The effect of transient overexpression of ScCAT2 in Nicotiana benthamiana leaves after inoculation with Ralstonia solanacearum. (A) The disease symptoms and DAB staining of N. benthamiana leaves at 1 day and 6 days post-inoculation with R. solanacearum. (B) Analysis of nine tobacco immune-related marker genes in the N. benthamiana leaves 1 day and 6 days after inoculation with R. solanacearum. The tobacco immune-related marker genes, which included the hypersensitive response marker genes NtHSR201, NtHSR203, and NtHSR515; the salicylic acid-related genes NtPR-1 and NtPR-1a/c; the jasmonic acid pathway-associated genes NtPR2 and NtPR3; and the ethylene synthesis-dependent genes NtEFE26 and NtAccdeaminase, and using NtEF1-α for data normalization. All data points were presented as means ± standard error (n = 3). Different lowercase letters indicated a significant difference, as determined with Duncan’s test (p < 0.05). The empty vector 35S::00 and recombinant vector 35S::ScCAT2 were indicated by a and b, respectively. (1) and (2) represented images captured using a SONY camera and microscope, respectively. Bar = 1 mm.

Figure 11

The effect of transient overexpression of ScCAT2 in Nicotiana benthamiana leaves after inoculation with Fusarium solani var. coeruleum. (A) The disease symptoms and DAB staining of N. benthamiana leaves 1 day and 6 days after inoculation with F. solani var. coeruleum. (B) Analysis of the nine tobacco immune-related marker genes in the N. benthamiana leaves after inoculation with F. solani var. coeruleum for 1 day and 6 days, respectively.
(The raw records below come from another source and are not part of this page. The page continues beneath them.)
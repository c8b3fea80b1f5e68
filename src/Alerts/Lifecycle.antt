-- ===== src/Alerts/Lifecycle.antt =====
-- The lifecycle of one alert: `decide_alert_transition` of orchestration/alerts.py.
use real_time_blockchain_ana.Prelude.{
  ◌≡◌, refl, ap, sym, ◌⊎◌, inl, inr, true, false, Option, none, some, ok, ◌>>=◌, is_some, subst,
  Returns, bind-Returns, Returns-value,
}
use real_time_blockchain_ana.Prelude.Int.{pos, ◌+ℤ◌}
use real_time_blockchain_ana.Python.Text.{text_eq}
use real_time_blockchain_ana.Python.Time.{Instant, aware}
use real_time_blockchain_ana.Freshness.{FreshnessState, fresh, stale}
use real_time_blockchain_ana.Alerts.{
  AlertState, is_open, is_resolved, AlertSeverity, critical, AlertRecord, HealthCondition,
  AlertDecision, NotificationEvent, AlertEventType, alert_opened, alert_escalated, alert_resolved,
  severity_of, event_of, asserted, resolve, reopen, observe_again, decide_recovery, decide_problem,
  decide_again, escalates_to, next_severity, decide_state, same_metadata, decide_alert_transition,
  changed_with,
}

-- An open alert says how bad it is and when it opened, and has not been resolved; a resolved one
-- may be as it was seeded, with nothing set.
abbrev pub IsCoherent : AlertRecord → AlertState → Type 0
IsCoherent r is_open =
    ((s : AlertSeverity) × (r.severity ≡ some s))
    × ((t : Instant) × (r.opened_at ≡ some t))
    × (r.resolved_at ≡ none)
IsCoherent r is_resolved = Unit

abbrev pub IsWellFormed : AlertRecord → Type 0
IsWellFormed r = IsCoherent r r.state

-- The record is that of the condition's alert.
abbrev pub Matches : AlertRecord → HealthCondition → Type 0
Matches r c = (text_eq r.alert_key c.alert_key ≡ true) × (same_metadata r c ≡ true)

-- The transitions of an alert, in the state and severity that its record has.
pub data Transition (current : AlertRecord) (c : HealthCondition) (now : Instant)
    : AlertState → FreshnessState → AlertRecord → Option AlertEventType → Type 0 where
  stays_resolved : Transition current c now is_resolved fresh current none
  resolves : Transition current c now is_open fresh (resolve current c now) (some alert_resolved)
  opens_warning :
      Transition current c now is_resolved FreshnessState.warning
        (reopen current c AlertSeverity.warning now)
        (some alert_opened)
  opens_critical :
      Transition current c now is_resolved stale (reopen current c critical now) (some alert_opened)
  keeps_severity :
      (f : FreshnessState) (s : AlertSeverity)
      → current.severity ≡ some s
      → (f ≡ FreshnessState.warning) ⊎ ((f ≡ stale) × (s ≡ critical))
      → Transition current c now is_open f (observe_again current c s now) none
  escalates :
      current.severity ≡ some AlertSeverity.warning
      → Transition current c now is_open stale
          (observe_again current c critical now)
          (some alert_escalated)

abbrev pub event_type_of : Option NotificationEvent → Option AlertEventType
event_type_of none = none
event_type_of (some e) = some e.event_type

asserted_some {ℓ} :
    {A : Type ℓ} (o : Option A) → is_some o ≡ true → Returns (λ a. Unit) (asserted o)
asserted_some none h = absurd (cc h)
asserted_some (some a) h = tt

-- The event of a record that has all it reports.
event_of-Returns :
    (kind : AlertEventType) (r : AlertRecord) (now : Instant)
    → is_some r.severity ≡ true
    → is_some r.opened_at ≡ true
    → is_some r.current_value ≡ true
    → is_some r.warning_threshold ≡ true
    → is_some r.stale_threshold ≡ true
    → Returns (λ e. e.event_type ≡ kind) (event_of kind r now)
unfolding event_of
event_of-Returns kind r now h1 h2 h3 h4 h5 =
    let P = λ (e : NotificationEvent). e.event_type ≡ kind in
    bind-Returns _ P (asserted r.severity) _ (asserted_some r.severity h1) (λ _ _.
      bind-Returns _ P (asserted r.opened_at) _ (asserted_some r.opened_at h2) (λ _ _.
        bind-Returns _ P (asserted r.current_value) _ (asserted_some r.current_value h3) (λ _ _.
          bind-Returns _ P (asserted r.warning_threshold) _ (asserted_some r.warning_threshold h4)
            (λ _ _.
              bind-Returns _ P (asserted r.stale_threshold) _ (asserted_some r.stale_threshold h5)
                (λ _ _. refl)))))

module _ (current : AlertRecord) (c : HealthCondition) (now : Instant) where
  -- The decision makes the transition from the given states.
  abbrev Decides : AlertState → FreshnessState → AlertDecision → Type 0
  Decides a f d =
      Transition current c now a f d.next_record (event_type_of d.event)
      × (((d.changed ≡ false) × (d.next_record ≡ current))
          ⊎ ((d.changed ≡ true) × (d.next_record.state_version ≡ current.state_version +ℤ pos 1)))

  with_event :
      (a : AlertState) (f : FreshnessState) (kind : AlertEventType) (r : AlertRecord)
      → Returns (λ e. e.event_type ≡ kind) (event_of kind r now)
      → Transition current c now a f r (some kind)
      → r.state_version ≡ current.state_version +ℤ pos 1
      → Returns (Decides a f) (event_of kind r now >>= λ e. ok (changed_with r (some e)))
  with_event a f kind r event t v =
      bind-Returns (λ e. e.event_type ≡ kind) (Decides a f) (event_of kind r now) _ event
        (λ e same. (subst (Transition current c now a f r) (ap some (sym same)) t, inr (refl, v)))

  decide_recovery-Decides :
      (a : AlertState)
      → IsCoherent current a
      → Returns (Decides a fresh) (decide_recovery current c now a)
  unfolding decide_recovery
  decide_recovery-Decides is_resolved h = (stays_resolved, inl (refl, refl))
  decide_recovery-Decides is_open ((s, hs), (t, ht), _) =
      with_event is_open fresh alert_resolved (resolve current c now)
        (event_of-Returns alert_resolved (resolve current c now) now (ap is_some hs) (ap is_some ht)
          refl refl refl)
        resolves refl

  decide_problem-opens :
      (f : FreshnessState) (s : AlertSeverity)
      → Transition current c now is_resolved f (reopen current c s now) (some alert_opened)
      → Returns (Decides is_resolved f) (decide_problem current c now s is_resolved)
  unfolding decide_problem
  decide_problem-opens f s t =
      with_event is_resolved f alert_opened (reopen current c s now)
        (event_of-Returns alert_opened (reopen current c s now) now refl refl refl refl refl) t refl

  -- A further observation at the severity `observed`, of an alert that has the severity `s`.
  again-Decides :
      (f : FreshnessState) (s observed : AlertSeverity)
      → severity_of f ≡ ok observed
      → current.severity ≡ some s
      → is_some current.opened_at ≡ true
      → Returns (Decides is_open f) (
          decide_again current c now
            (escalates_to (some s) observed)
            (next_severity (some s) (escalates_to (some s) observed)))
  unfolding severity_of
  again-Decides fresh s observed e hs ho = absurd (cc e)
  again-Decides FreshnessState.warning AlertSeverity.warning AlertSeverity.warning e hs ho =
      (keeps_severity FreshnessState.warning AlertSeverity.warning hs (inl refl), inr (refl, refl))
  again-Decides FreshnessState.warning critical AlertSeverity.warning e hs ho =
      (keeps_severity FreshnessState.warning critical hs (inl refl), inr (refl, refl))
  again-Decides FreshnessState.warning s critical e hs ho = absurd (cc e)
  again-Decides stale s AlertSeverity.warning e hs ho = absurd (cc e)
  again-Decides stale critical critical e hs ho =
      (keeps_severity stale critical hs (inr (refl, refl)), inr (refl, refl))
  again-Decides stale AlertSeverity.warning critical e hs ho =
      with_event is_open stale alert_escalated (observe_again current c critical now)
        (event_of-Returns alert_escalated (observe_again current c critical now) now refl ho refl
          refl refl)
        (escalates hs) refl

  decide_problem-again :
      (f : FreshnessState) (s observed : AlertSeverity)
      → severity_of f ≡ ok observed
      → current.severity ≡ some s
      → is_some current.opened_at ≡ true
      → Returns (Decides is_open f) (decide_problem current c now observed is_open)
  unfolding decide_problem
  decide_problem-again f s observed e hs ho =
      subst
        (λ o. Returns (Decides is_open f) (
          decide_again current c now (escalates_to o observed)
            (next_severity o (escalates_to o observed))))
        (sym hs) (again-Decides f s observed e hs ho)

  decide_state-Decides :
      (a : AlertState) (f : FreshnessState)
      → current.state ≡ a
      → IsCoherent current a
      → Returns (Decides a f) (decide_state current c now f)
  unfolding decide_state severity_of
  decide_state-Decides a fresh e h =
      subst (λ x. Returns (Decides a fresh) (decide_recovery current c now x)) (sym e)
        (decide_recovery-Decides a h)
  decide_state-Decides is_resolved FreshnessState.warning e h =
      subst
        (λ x.
          Returns (Decides is_resolved FreshnessState.warning)
            (decide_problem current c now AlertSeverity.warning x))
        (sym e) (decide_problem-opens FreshnessState.warning AlertSeverity.warning opens_warning)
  decide_state-Decides is_resolved stale e h =
      subst (λ x. Returns (Decides is_resolved stale) (decide_problem current c now critical x))
        (sym e) (decide_problem-opens stale critical opens_critical)
  decide_state-Decides is_open FreshnessState.warning e ((s, hs), (t, ht), _) =
      subst
        (λ x.
          Returns (Decides is_open FreshnessState.warning)
            (decide_problem current c now AlertSeverity.warning x))
        (sym e)
        (decide_problem-again FreshnessState.warning s AlertSeverity.warning refl hs
          (ap is_some ht))
  decide_state-Decides is_open stale e ((s, hs), (t, ht), _) =
      subst (λ x. Returns (Decides is_open stale) (decide_problem current c now critical x)) (sym e)
        (decide_problem-again stale s critical refl hs (ap is_some ht))

-- On a well-formed record of the condition's alert, at an aware time, a decision is reached (no
-- assertion fails) and it is one of the transitions: its record and the type of its event are those
-- of the transition, the version goes up by one where something changes, and else the record stays.
pub decide_alert_transition-Transition :
    (current : AlertRecord) (c : HealthCondition) (now : Instant)
    → IsWellFormed current
    → Matches current c
    → (d : AlertDecision) × (decide_alert_transition current c (aware now) ≡ ok d)
      × Transition current c now current.state c.state d.next_record (event_type_of d.event)
      × (((d.changed ≡ false) × (d.next_record ≡ current))
          ⊎ ((d.changed ≡ true) × (d.next_record.state_version ≡ current.state_version +ℤ pos 1)))
unfolding decide_alert_transition
decide_alert_transition-Transition current c now h (key, data_) =
    let (d, e, t) =
      Returns-value (Decides current c now current.state c.state)
        (decide_state current c now c.state)
        (decide_state-Decides current c now current.state c.state refl h) in
    (d, rw (key, data_) e, t.0, t.1)

-- A transition from a well-formed record leaves a well-formed record.
pub Transition-IsWellFormed :
    (current : AlertRecord) (c : HealthCondition) (now : Instant) (a : AlertState)
    (f : FreshnessState) (r : AlertRecord) (kind : Option AlertEventType)
    → current.state ≡ a
    → IsCoherent current a
    → Transition current c now a f r kind
    → IsWellFormed r
Transition-IsWellFormed current c now a f r kind e h stays_resolved = rw e tt
Transition-IsWellFormed current c now a f r kind e h resolves = tt
Transition-IsWellFormed current c now a f r kind e h opens_warning = ((_, refl), (_, refl), refl)
Transition-IsWellFormed current c now a f r kind e h opens_critical = ((_, refl), (_, refl), refl)
Transition-IsWellFormed current c now a f r kind e h (keeps_severity _ s _ _) =
    subst (IsCoherent (observe_again current c s now)) (sym e) ((s, refl), h.1, h.2)
Transition-IsWellFormed current c now a f r kind e h (escalates _) =
    subst (IsCoherent (observe_again current c critical now)) (sym e) ((critical, refl), h.1, h.2)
The tobacco immune-related marker genes included the hypersensitive response marker genes NtHSR201, NtHSR203, and NtHSR515; the salicylic acid-related genes NtPR-1 and NtPR-1a/c; the jasmonic acid pathway-associated genes NtPR2 and NtPR3; and the ethylene synthesis-dependent genes NtEFE26 and NtAccdeaminase, and using NtEF1-α for data normalization. All data points were means ± standard error (n = 3). Different lowercase letters indicated a significant difference, as determined with Duncan’s test (p < 0.05). The empty vector 35S::00 and recombinant vector 35S::ScCAT2 were indicated by a and b, respectively. (1) and (2) represented images captured using a SONY camera and microscope, respectively. Bar = 1 mm.